2. The information identification device according to claim 1, being further configured to:

extract text data from the data included in the electronic file;

extract words included in the extracted text data;

calculate a frequency of appearance of the extracted words in the text data in order to store in index information;

sort the words included in the electronic file in ascending order in terms of appearance frequency of words stored in the index information;

sequentially select the words in the sorted order;

produce a word set from at least one of the selected words;

judge whether the electronic file can be uniquely identified in the case where the produced word set coincides with an identifier assigned to another electronic file; and

determine the word set as the identifier of the electronic file in a case where the produced word set can uniquely identify the electronic file.

3. The information identification device according to claim 2, being further configured to, in the processing of judging whether the produced word set can uniquely identify the electronic file:

calculate the number of the electronic files including the produced word set;

judge whether the calculated number of the electronic files is one;

determine the produced word set as an identifier capable of uniquely identifying the electronic file in a case where the calculated number of the electronic files is one;

judge whether a subset of the words extracted from the identifier and the identifier assigned to the another electronic file coincide with each other; and

update the identifier assigned to the another electronic file by adding a word included in text data of the another electronic file in a case where the subset of the extracted words included in the identifier and the identifier assigned to the another electronic file coincide with each other.

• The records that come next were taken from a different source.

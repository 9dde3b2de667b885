-- ===== src/Lease.antt =====
-- crates/cosaci-state/src/lease.rs: `LeaseManager`. The clock is the caller's: every reading of
-- `now_ns()` is an argument, in the order of the calls.
pub mod Invariant
pub mod Expiry
pub mod Exclusion
pub mod Granting
pub mod History
mod Examples
use cosaci.Prelude.{
  Result, ok, err, ℕ, ◌+◌, Bool, true, false, ◌&&◌, Option, none, some, List, [], ◌∷◌, leb,
  if◌then◌else◌, saturating_add, wrapping_add, nat_key, pair_key, nat_beq,
}
use cosaci.Map.{Map, get, insert, remove, contains_key, len}

pub data LeaseState : Type 0 where
  active completed expired : LeaseState

pub record Lease : Type 0 where
  pub lease_id : ℕ
  pub job_id : ℕ
  pub runner_id : ℕ
  pub acquired_at_ns : ℕ
  pub ttl_ns : ℕ
  pub state : LeaseState

abbrev pub expires_at_ns : Lease → ℕ
expires_at_ns l = saturating_add l.acquired_at_ns l.ttl_ns

-- The key `(job_id, runner_id)`.
abbrev pub pair_of : Lease → ℕ × ℕ
pair_of l = (l.job_id, l.runner_id)

abbrev pub is_active_state : LeaseState → Bool
is_active_state active = true
is_active_state completed = false
is_active_state expired = false

pub data LeaseError : Type 0 where
  already_leased : LeaseError

pub record LeaseManager : Type 0 where
  pub default_ttl_ns : ℕ
  pub leases : Map ℕ Lease
  pub active_by_pair : Map (ℕ × ℕ) ℕ
  pub next_id : ℕ

unfoldable pub new : ℕ → LeaseManager
new ttl = record { default_ttl_ns = ttl; leases = []; active_by_pair = []; next_id = 1 }

-- The filter of `tick`.
abbrev pub is_due : ℕ → Lease → Bool
is_due now l = is_active_state l.state && leb (expires_at_ns l) now

-- The ids that `tick` collects.
unfoldable pub to_expire : ℕ → Map ℕ Lease → List ℕ
to_expire now [] = []
to_expire now ((id, l) ∷ leases) =
    let rest = to_expire now leases in if is_due now l then id ∷ rest else rest

-- Gives a lease a state that is not active, and drops its pair.
abbrev pub close : LeaseState → LeaseManager → ℕ → Lease → LeaseManager
close state m id l = record m {
  leases = insert id (record l { state = state }) m.leases;
  active_by_pair = remove (pair_of l) m.active_by_pair;
}

-- The loop of `tick`.
unfoldable pub expire_all : List ℕ → LeaseManager → LeaseManager
expire_all [] m = m
expire_all (id ∷ ids) m =
    expire_all ids (elim (get id m.leases) [ none ↦ m | some l ↦ close expired m id l ])

unfoldable pub tick : ℕ → LeaseManager → LeaseManager
tick now m = expire_all (to_expire now m.leases) m

-- The rest of `acquire`, behind `tick`; `now` is the second reading of the clock.
unfoldable pub grant : ℕ → ℕ → ℕ → LeaseManager → LeaseManager × Result ℕ LeaseError
grant job_id runner_id now m =
    if contains_key (job_id, runner_id) m.active_by_pair
    then (m, err already_leased)
    else let id = m.next_id in
      let lease : Lease = record {
        lease_id = id;
        job_id = job_id;
        runner_id = runner_id;
        acquired_at_ns = now;
        ttl_ns = m.default_ttl_ns;
        state = active;
      } in
      (
        record m {
          leases = insert id lease m.leases;
          active_by_pair = insert (job_id, runner_id) id m.active_by_pair;
          next_id = wrapping_add id 1;
        },
        ok id,
      )

unfoldable pub acquire : ℕ → ℕ → ℕ → ℕ → LeaseManager → LeaseManager × Result ℕ LeaseError
acquire job_id runner_id now now' m = grant job_id runner_id now' (tick now m)

-- The rest of `complete`, behind `tick`.
unfoldable pub finish : ℕ → LeaseManager → LeaseManager
finish id m = elim (get id m.leases) [
  | none ↦ m
  | some l ↦ if is_active_state l.state then close completed m id l else m
]

unfoldable pub complete : ℕ → ℕ → LeaseManager → LeaseManager
complete id now m = finish id (tick now m)

abbrev pub state_in : ℕ → LeaseManager → Option LeaseState
state_in id m = elim (get id m.leases) [ none ↦ none | some l ↦ some l.state ]

-- The queries run `tick` first, and return the manager that it leaves.
unfoldable pub state_of : ℕ → ℕ → LeaseManager → LeaseManager × Option LeaseState
state_of id now m = let t = tick now m in (t, state_in id t)

unfoldable pub is_active : ℕ → ℕ → LeaseManager → LeaseManager × Bool
is_active id now m =
    let t = tick now m in
    (t, elim (get id t.leases) [ none ↦ false | some l ↦ is_active_state l.state ])

unfoldable pub active_lease_for : ℕ → ℕ → ℕ → LeaseManager → LeaseManager × Option ℕ
active_lease_for job_id runner_id now m =
    let t = tick now m in (t, get (job_id, runner_id) t.active_by_pair)

unfoldable pub count_for_job : ℕ → Map (ℕ × ℕ) ℕ → ℕ
count_for_job job_id [] = 0
count_for_job job_id ((p, _) ∷ rest) =
    (if nat_beq p.0 job_id then 1 else 0) + count_for_job job_id rest

unfoldable pub count_active_for_job : ℕ → ℕ → LeaseManager → LeaseManager × ℕ
unfolding count_for_job
count_active_for_job job_id now m = let t = tick now m in (t, count_for_job job_id t.active_by_pair)

unfoldable pub count_active : ℕ → LeaseManager → LeaseManager × ℕ
count_active now m = let t = tick now m in (t, len t.active_by_pair)

abbrev pub keys {ℓ κ} : {K : Type ℓ} {V : Type κ} → Map K V → List K
keys [] = []
keys ((k, _) ∷ m) = k ∷ keys m

unfoldable pub active_pairs : ℕ → LeaseManager → LeaseManager × List (ℕ × ℕ)
active_pairs now m = let t = tick now m in (t, keys t.active_by_pair)
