-- ===== src/Lease/Invariant.antt =====
-- The invariant of `LeaseManager`: the pair index holds the active leases and nothing else.
use cosaci.Prelude.{ℕ, ◌<◌, ◌≡◌, ◌≢◌, some, arith, nat_key, pair_key, nat_beq_iff, pair_beq_iff}
use cosaci.Map.{
  get, HasDistinctKeys, get-insert, get-remove, insert-HasDistinctKeys, remove-HasDistinctKeys,
}
use cosaci.Lease.{LeaseState, active, Lease, pair_of, LeaseManager, new, close}

pub record IsValid (m : LeaseManager) : Type 0 where
  pub distinct : HasDistinctKeys m.leases
  pub distinct_pairs : HasDistinctKeys m.active_by_pair
  pub numbered :
      (id : ℕ) (l : Lease) → get id m.leases ≡ some l → (l.lease_id ≡ id) × (id < m.next_id)
  pub indexed :
      (id : ℕ) (l : Lease)
      → get id m.leases ≡ some l
      → l.state ≡ active
      → get (pair_of l) m.active_by_pair ≡ some id
  pub tracked :
      (j r id : ℕ)
      → get (j, r) m.active_by_pair ≡ some id
      → (l : Lease) × (get id m.leases ≡ some l) × (l.state ≡ active) × (pair_of l ≡ (j, r))

pub new-IsValid : (ttl : ℕ) → IsValid (new ttl)
unfolding new get
new-IsValid ttl = record {
  distinct = tt;
  distinct_pairs = tt;
  numbered = λ id l e. absurd (cc);
  indexed = λ id l e a. absurd (cc);
  tracked = λ j r id e. absurd (cc);
}

module _ (state : LeaseState) (m : LeaseManager) (id : ℕ) (l : Lease) (inactive : state ≢ active)
    (found : get id m.leases ≡ some l) (was : l.state ≡ active) (v : IsValid m) where
  close-numbered :
      (k : ℕ) (x : Lease)
      → get k (close state m id l).leases ≡ some x
      → (x.lease_id ≡ k) × (k < m.next_id)
  close-numbered k x e = ground (
    arith,
    get-insert id k (record l { state = state }) m.leases,
    nat_beq_iff id k,
    v.numbered id l found,
    v.numbered k x,
  )

  close-indexed :
      (k : ℕ) (x : Lease)
      → get k (close state m id l).leases ≡ some x
      → x.state ≡ active
      → get (pair_of x) (close state m id l).active_by_pair ≡ some k
  close-indexed k x e a = ground (
    arith,
    get-insert id k (record l { state = state }) m.leases,
    nat_beq_iff id k,
    get-remove (pair_of l) (pair_of x) m.active_by_pair,
    v.indexed id l found was,
    v.indexed k x,
  )

  close-tracked :
      (j r k : ℕ)
      → get (j, r) (close state m id l).active_by_pair ≡ some k
      → (x : Lease) × (get k (close state m id l).leases ≡ some x)
        × (x.state ≡ active)
        × (pair_of x ≡ (j, r))
  close-tracked j r k e =
      let was_there : get (j, r) m.active_by_pair ≡ some k =
        ground (arith, get-remove (pair_of l) (j, r) m.active_by_pair) in
      let (x, ex, ax, px) = v.tracked j r k was_there in
      (
        x,
        ground (
          arith,
          get-insert id k (record l { state = state }) m.leases,
          nat_beq_iff id k,
          get-remove (pair_of l) (j, r) m.active_by_pair,
          pair_beq_iff (pair_of l) (j, r),
        ),
        ax,
        px,
      )

  -- Closing an active lease keeps the invariant.
  pub close-IsValid : IsValid (close state m id l)
  close-IsValid = record {
    distinct = insert-HasDistinctKeys id (record l { state = state }) m.leases v.distinct;
    distinct_pairs = remove-HasDistinctKeys (pair_of l) m.active_by_pair v.distinct_pairs;
    numbered = close-numbered;
    indexed = close-indexed;
    tracked = close-tracked;
  }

4. The information identification device according to claim 2, being further configured to extract two or more identifiers each of which includes at least one word, and which is capable of uniquely identifying the electronic file.

5. The information identification device according to claim 1, being further configured to:

search a plurality of electronic files for an identifier of an electronic file coincident with the determined identifier by using the determined identifier as a search key; and

output the searched identifier and the identifier used as the search key by associating with each other.

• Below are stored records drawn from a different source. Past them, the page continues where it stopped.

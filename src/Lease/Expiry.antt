-- ===== src/Lease/Expiry.antt =====
-- `tick`: it expires the due leases, all of them and no other.
use cosaci.Prelude.{
  ℕ, ◌≡◌, refl, inl, inr, Bool, true, false, ◌||◌, Option, none, some, List, [], ◌∷◌, arith,
  if◌then◌else◌, nat_key, pair_key, nat_beq, nat_beq_iff, Option-cases,
}
use cosaci.Map.{Map, get, HasDistinctKeys, get-insert}
use cosaci.Lease.{
  active, expired, Lease, pair_of, LeaseManager, is_due, to_expire, close, expire_all, tick,
}
use cosaci.Lease.Invariant.{IsValid, close-IsValid}

abbrev contains : ℕ → List ℕ → Bool
contains id [] = false
contains id (j ∷ ids) = nat_beq j id || contains id ids

abbrev AreDistinct : List ℕ → Type 0
AreDistinct [] = Unit
AreDistinct (id ∷ ids) = (contains id ids ≡ false) × AreDistinct ids

-- The lease that a due lease becomes.
abbrev pub aged : ℕ → Lease → Lease
aged now l = if is_due now l then record l { state = expired } else l

contains-to_expire :
    (now id : ℕ) (leases : Map ℕ Lease)
    → HasDistinctKeys leases
    → contains id (to_expire now leases)
      ≡ elim (get id leases) [ none ↦ false | some l ↦ is_due now l ]
unfolding get to_expire
contains-to_expire now id [] d = refl
contains-to_expire now id ((k, l) ∷ leases) d =
    ground (arith, contains-to_expire now id leases d.1, nat_beq_iff k id)

to_expire-AreDistinct :
    (now : ℕ) (leases : Map ℕ Lease) → HasDistinctKeys leases → AreDistinct (to_expire now leases)
unfolding to_expire
to_expire-AreDistinct now [] d = tt
to_expire-AreDistinct now ((k, l) ∷ leases) d =
    ground (arith, to_expire-AreDistinct now leases d.1, contains-to_expire now k leases d.1)

-- One round of the loop.
abbrev expire_one : ℕ → LeaseManager → LeaseManager
expire_one id m = elim (get id m.leases) [ none ↦ m | some l ↦ close expired m id l ]

abbrev marked : Option Lease → Option Lease
marked none = none
marked (some l) = some (record l { state = expired })

get-expire_one :
    (id k : ℕ) (m : LeaseManager)
    → get k (expire_one id m).leases
      ≡ (if nat_beq id k then marked (get k m.leases) else get k m.leases)
get-expire_one id k m = elim (Option-cases (get id m.leases)) [
  | inl e ↦ ground (arith, nat_beq_iff id k)
  | inr (l, e) ↦
      ground (arith, nat_beq_iff id k, get-insert id k (record l { state = expired }) m.leases)
]

get-expire_all :
    (ids : List ℕ) (k : ℕ) (m : LeaseManager)
    → get k (expire_all ids m).leases
      ≡ (if contains k ids then marked (get k m.leases) else get k m.leases)
unfolding expire_all
get-expire_all [] k m = refl
get-expire_all (id ∷ ids) k m =
    ground (arith, get-expire_all ids k (expire_one id m), get-expire_one id k m)

expire_one-IsValid :
    (id : ℕ) (m : LeaseManager)
    → ((l : Lease) × (get id m.leases ≡ some l) × (l.state ≡ active))
    → IsValid m
    → IsValid (expire_one id m)
expire_one-IsValid id m (l, e, a) v =
    rw (e, expire_one) (close-IsValid expired m id l (λ p. cc) e a v)

expire_all-IsValid :
    (ids : List ℕ) (m : LeaseManager)
    → AreDistinct ids
    → ((k : ℕ)
        → contains k ids ≡ true
        → (l : Lease) × (get k m.leases ≡ some l) × (l.state ≡ active))
    → IsValid m
    → IsValid (expire_all ids m)
unfolding expire_all
expire_all-IsValid [] m d h v = v
expire_all-IsValid (id ∷ ids) m d h v =
    expire_all-IsValid ids (expire_one id m) d.1
      (λ k c.
        let (l, e, a) = h k (ground arith) in
        (l, ground (arith, get-expire_one id k m, nat_beq_iff id k), a))
      (expire_one-IsValid id m (h id (ground (arith, nat_beq_iff id id))) v)

to_expire-active :
    (now k : ℕ) (m : LeaseManager)
    → HasDistinctKeys m.leases
    → contains k (to_expire now m.leases) ≡ true
    → (l : Lease) × (get k m.leases ≡ some l) × (l.state ≡ active)
to_expire-active now k m d h = elim (Option-cases (get k m.leases)) [
  | inl e ↦ absurd (ground (arith, contains-to_expire now k m.leases d))
  | inr (l, e) ↦ (l, e, ground (arith, contains-to_expire now k m.leases d))
]

-- `tick` keeps the invariant.
pub tick-IsValid : (now : ℕ) (m : LeaseManager) → IsValid m → IsValid (tick now m)
unfolding tick
tick-IsValid now m v =
    expire_all-IsValid (to_expire now m.leases) m (to_expire-AreDistinct now m.leases v.distinct)
      (λ k. to_expire-active now k m v.distinct) v

-- After `tick` a lease that was active and due has expired, and any other is as it was.
pub get-tick :
    (now k : ℕ) (m : LeaseManager)
    → IsValid m
    → get k (tick now m).leases ≡ elim (get k m.leases) [ none ↦ none | some l ↦ some (aged now l) ]
unfolding tick
get-tick now k m v = ground (
  arith,
  get-expire_all (to_expire now m.leases) k m,
  contains-to_expire now k m.leases v.distinct,
)

expire_all-rest :
    (ids : List ℕ) (m : LeaseManager)
    → ((expire_all ids m).next_id ≡ m.next_id)
      × ((expire_all ids m).default_ttl_ns ≡ m.default_ttl_ns)
unfolding expire_all
expire_all-rest [] m = (refl, refl)
expire_all-rest (id ∷ ids) m = ground (arith, expire_all-rest ids (expire_one id m))

-- `tick` numbers no lease and keeps the configuration.
pub tick-rest :
    (now : ℕ) (m : LeaseManager)
    → ((tick now m).next_id ≡ m.next_id) × ((tick now m).default_ttl_ns ≡ m.default_ttl_ns)
unfolding tick
tick-rest now m = expire_all-rest (to_expire now m.leases) m

-- The pair index after `tick` holds the pairs whose lease is active and not due.
abbrev pub HoldsAt : ℕ → ℕ → ℕ → LeaseManager → Type 0
HoldsAt now job_id runner_id m =
    (id : ℕ) × (l : Lease) × (get id m.leases ≡ some l)
    × (l.state ≡ active)
    × (pair_of l ≡ (job_id, runner_id))
    × (is_due now l ≡ false)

6. An information identification system, comprising:

an information identification device for assigning a first identifier to an electronic file based on data stored in the electronic file; and

a management server, wherein:

the information identification device comprises: an interface coupled to a network; a processor coupled to the interface; and a memory coupled to the processor;

the information identification device is configured to:

determine the first identifier which includes at least one word, and which is capable of uniquely identifying the electronic file based on the calculated frequency of appearance; and

assign the determined first identifier to the electronic file; and

the management server is configured to store the first identifier assigned to the electronic file.

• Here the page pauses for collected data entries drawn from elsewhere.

-- ===== src/Lease/Exclusion.antt =====
-- `acquire` and `complete` keep the invariant.
use cosaci.Prelude.{
  ℕ, ◌<◌, ◌≡◌, refl, inl, inr, none, some, arith, nat_key, pair_key, nat_beq_iff, pair_beq_iff,
  Bool-cases, Option-cases, wrapping_add, u64_max,
}
use cosaci.Map.{get, insert, contains_key, get-insert, insert-HasDistinctKeys}
use cosaci.Lease.{
  active, completed, Lease, pair_of, is_active_state, LeaseManager, tick, grant, acquire, finish,
  complete,
}
use cosaci.Lease.Invariant.{IsValid, close-IsValid}
use cosaci.Lease.Expiry.{tick-IsValid, tick-rest}

-- The lease that `grant` makes.
abbrev pub granted : ℕ → ℕ → ℕ → LeaseManager → Lease
granted job_id runner_id now m = record {
  lease_id = m.next_id;
  job_id = job_id;
  runner_id = runner_id;
  acquired_at_ns = now;
  ttl_ns = m.default_ttl_ns;
  state = active;
}

abbrev with_grant : ℕ → ℕ → ℕ → LeaseManager → LeaseManager
with_grant j r now m = record m {
  leases = insert m.next_id (granted j r now m) m.leases;
  active_by_pair = insert (j, r) m.next_id m.active_by_pair;
  next_id = wrapping_add m.next_id 1;
}

module _ (j r now : ℕ) (m : LeaseManager) (v : IsValid m) (room : m.next_id < u64_max)
    (vacant : get (j, r) m.active_by_pair ≡ none) where
  grant-numbered :
      (k : ℕ) (x : Lease)
      → get k (with_grant j r now m).leases ≡ some x
      → (x.lease_id ≡ k) × (k < (with_grant j r now m).next_id)
  grant-numbered k x e = ground (
    arith,
    get-insert m.next_id k (granted j r now m) m.leases,
    nat_beq_iff m.next_id k,
    v.numbered k x,
  )

  grant-indexed :
      (k : ℕ) (x : Lease)
      → get k (with_grant j r now m).leases ≡ some x
      → x.state ≡ active
      → get (pair_of x) (with_grant j r now m).active_by_pair ≡ some k
  grant-indexed k x e a = ground (
    arith,
    get-insert m.next_id k (granted j r now m) m.leases,
    nat_beq_iff m.next_id k,
    get-insert (j, r) (pair_of x) m.next_id m.active_by_pair,
    pair_beq_iff (j, r) (pair_of x),
    v.indexed k x,
  )

  grant-tracked :
      (j' r' k : ℕ)
      → get (j', r') (with_grant j r now m).active_by_pair ≡ some k
      → (x : Lease) × (get k (with_grant j r now m).leases ≡ some x)
        × (x.state ≡ active)
        × (pair_of x ≡ (j', r'))
  grant-tracked j' r' k e = elim (Bool-cases (pair_key.test (j, r) (j', r'))) [
    | inl same ↦ (
      granted j r now m,
      ground (
        arith,
        get-insert (j, r) (j', r') m.next_id m.active_by_pair,
        get-insert m.next_id k (granted j r now m) m.leases,
        nat_beq_iff m.next_id k,
      ),
      refl,
      ground (arith, pair_beq_iff (j, r) (j', r')),
    )
    | inr other ↦
        let old : get (j', r') m.active_by_pair ≡ some k =
          ground (arith, get-insert (j, r) (j', r') m.next_id m.active_by_pair) in
        let (x, ex, ax, px) = v.tracked j' r' k old in
        (
          x,
          ground (
            arith,
            get-insert m.next_id k (granted j r now m) m.leases,
            nat_beq_iff m.next_id k,
            v.numbered k x ex,
          ),
          ax,
          px,
        )
  ]

  with_grant-IsValid : IsValid (with_grant j r now m)
  with_grant-IsValid = record {
    distinct = insert-HasDistinctKeys m.next_id (granted j r now m) m.leases v.distinct;
    distinct_pairs = insert-HasDistinctKeys (j, r) m.next_id m.active_by_pair v.distinct_pairs;
    numbered = grant-numbered;
    indexed = grant-indexed;
    tracked = grant-tracked;
  }

grant-IsValid :
    (j r now : ℕ) (m : LeaseManager) → IsValid m → m.next_id < u64_max → IsValid (grant j r now m).0
unfolding grant contains_key
grant-IsValid j r now m v room = elim (Option-cases (get (j, r) m.active_by_pair)) [
  | inl e ↦ rw (e, contains_key) (with_grant-IsValid j r now m v room e)
  | inr (id, e) ↦ rw (e, contains_key) v
]

finish-IsValid : (id : ℕ) (m : LeaseManager) → IsValid m → IsValid (finish id m)
unfolding finish
finish-IsValid id m v = elim (Option-cases (get id m.leases)) [
  | inl e ↦ rw (e, finish) v
  | inr (l, e) ↦ elim (Bool-cases (is_active_state l.state)) [
    | inl a ↦ rw (e, finish, a) (close-IsValid completed m id l (λ p. cc) e (ground arith) v)
    | inr a ↦ rw (e, finish, a) v
  ]
]

-- `acquire` keeps the invariant, as long as the lease ids do not wrap.
pub acquire-IsValid :
    (j r now now' : ℕ) (m : LeaseManager)
    → IsValid m
    → m.next_id < u64_max
    → IsValid (acquire j r now now' m).0
unfolding acquire
acquire-IsValid j r now now' m v room =
    grant-IsValid j r now' (tick now m) (tick-IsValid now m v) (omega (arith, tick-rest now m))

-- `complete` keeps the invariant.
pub complete-IsValid : (id now : ℕ) (m : LeaseManager) → IsValid m → IsValid (complete id now m)
unfolding complete
complete-IsValid id now m v = finish-IsValid id (tick now m) (tick-IsValid now m v)
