-- ===== src/Lease/Granting.antt =====
-- When `acquire` grants a lease, and what it grants.
use cosaci.Prelude.{
  err, ok, ℕ, ◌≡◌, ◌↔◌, refl, inl, inr, Option, none, some, arith, nat_key, pair_key, Option-cases,
}
use cosaci.Map.{get-insert_self, get, contains_key}
use cosaci.Lease.{active, Lease, pair_of, LeaseManager, already_leased, tick, grant, acquire}
use cosaci.Lease.Invariant.{IsValid}
use cosaci.Lease.Expiry.{HoldsAt, tick-IsValid, get-tick, tick-rest}
use cosaci.Lease.Exclusion.{granted}

-- The pair index after `tick` reads the pairs that are held.
HoldsAt-of_index :
    (now j r id : ℕ) (m : LeaseManager)
    → IsValid m
    → get (j, r) (tick now m).active_by_pair ≡ some id
    → HoldsAt now j r m
HoldsAt-of_index now j r id m v e =
    let (x, ex, ax, px) = (tick-IsValid now m v).tracked j r id e in
    back x ex ax px (get id m.leases) refl
  where
    back :
        (x : Lease)
        → get id (tick now m).leases ≡ some x
        → x.state ≡ active
        → pair_of x ≡ (j, r)
        → (o : Option Lease) → get id m.leases ≡ o
        → HoldsAt now j r m
    back x ex ax px none eo = absurd (ground (arith, get-tick now id m v))
    back x ex ax px (some l) eo = (
      id,
      l,
      eo,
      ground (arith, get-tick now id m v),
      ground (arith, get-tick now id m v),
      ground (arith, get-tick now id m v),
    )

index-of_HoldsAt :
    (now j r : ℕ) (m : LeaseManager) (v : IsValid m) (h : HoldsAt now j r m)
    → get (j, r) (tick now m).active_by_pair ≡ some h.0
index-of_HoldsAt now j r m v (id, l, e, a, p, d) =
    rw (← p) ((tick-IsValid now m v).indexed id l (ground (arith, get-tick now id m v)) a)

-- In a valid manager `acquire` is refused exactly if some lease of the pair is active and not due
-- at the reading of `tick`.
pub acquire_refused_iff :
    (j r now now' : ℕ) (m : LeaseManager)
    → IsValid m
    → ((acquire j r now now' m).1 ≡ err already_leased) ↔ HoldsAt now j r m
unfolding acquire grant contains_key
acquire_refused_iff j r now now' m v =
    (refused (get (j, r) (tick now m).active_by_pair) refl, holds)
  where
    refused :
        (o : Option ℕ)
        → get (j, r) (tick now m).active_by_pair ≡ o
        → (acquire j r now now' m).1 ≡ err already_leased
        → HoldsAt now j r m
    refused none eo h = absurd (ground arith)
    refused (some id) eo h = HoldsAt-of_index now j r id m v eo

    holds : HoldsAt now j r m → (acquire j r now now' m).1 ≡ err already_leased
    holds h = rw (index-of_HoldsAt now j r m v h, acquire, grant, contains_key)

-- In a valid manager and where no lease holds the pair, `acquire` returns the next id, stores the
-- new active lease under it and indexes the pair.
pub acquire-granted :
    (j r now now' : ℕ) (m : LeaseManager)
    → IsValid m
    → ¬ HoldsAt now j r m
    → ((acquire j r now now' m).1 ≡ ok m.next_id)
      × (get m.next_id (acquire j r now now' m).0.leases ≡ some (granted j r now' m))
      × (get (j, r) (acquire j r now now' m).0.active_by_pair ≡ some m.next_id)
unfolding acquire grant contains_key
acquire-granted j r now now' m v h = elim (Option-cases (get (j, r) (tick now m).active_by_pair)) [
  | inl e ↦ (
    ground (arith, tick-rest now m),
    ground (
      arith,
      tick-rest now m,
      get-insert_self (tick now m).next_id (granted j r now' (tick now m)) (tick now m).leases,
    ),
    ground (
      arith,
      tick-rest now m,
      get-insert_self (j, r) (tick now m).next_id (tick now m).active_by_pair,
    ),
  )
  | inr (id, e) ↦ absurd (h (HoldsAt-of_index now j r id m v e))
]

7. The information identification system according to claim 6, further comprising a mail server, wherein:

the information identification device is further configured to:

extract a word from an electronic file included in an electronic mail which is requested for send; and

transmit the extracted word to the management server;

the management server is further configured to:

compare the word received and the stored first identifier; and

transmit a result of comparison to the mail server; and

the mail server does not send the electronic mail in a case where the extracted word and the stored first identifier coincide with each other.

8. The information identification system according to claim 7, wherein the mail server is further configured notify not to send the electronic mail to a requester of sending the electronic mail in the case of preventing to send the electronic mail.

9. The information identification system according to claim 6, wherein a second identifier which is capable of uniquely identifying the electronic file in the information identification system is assigned to the electronic file.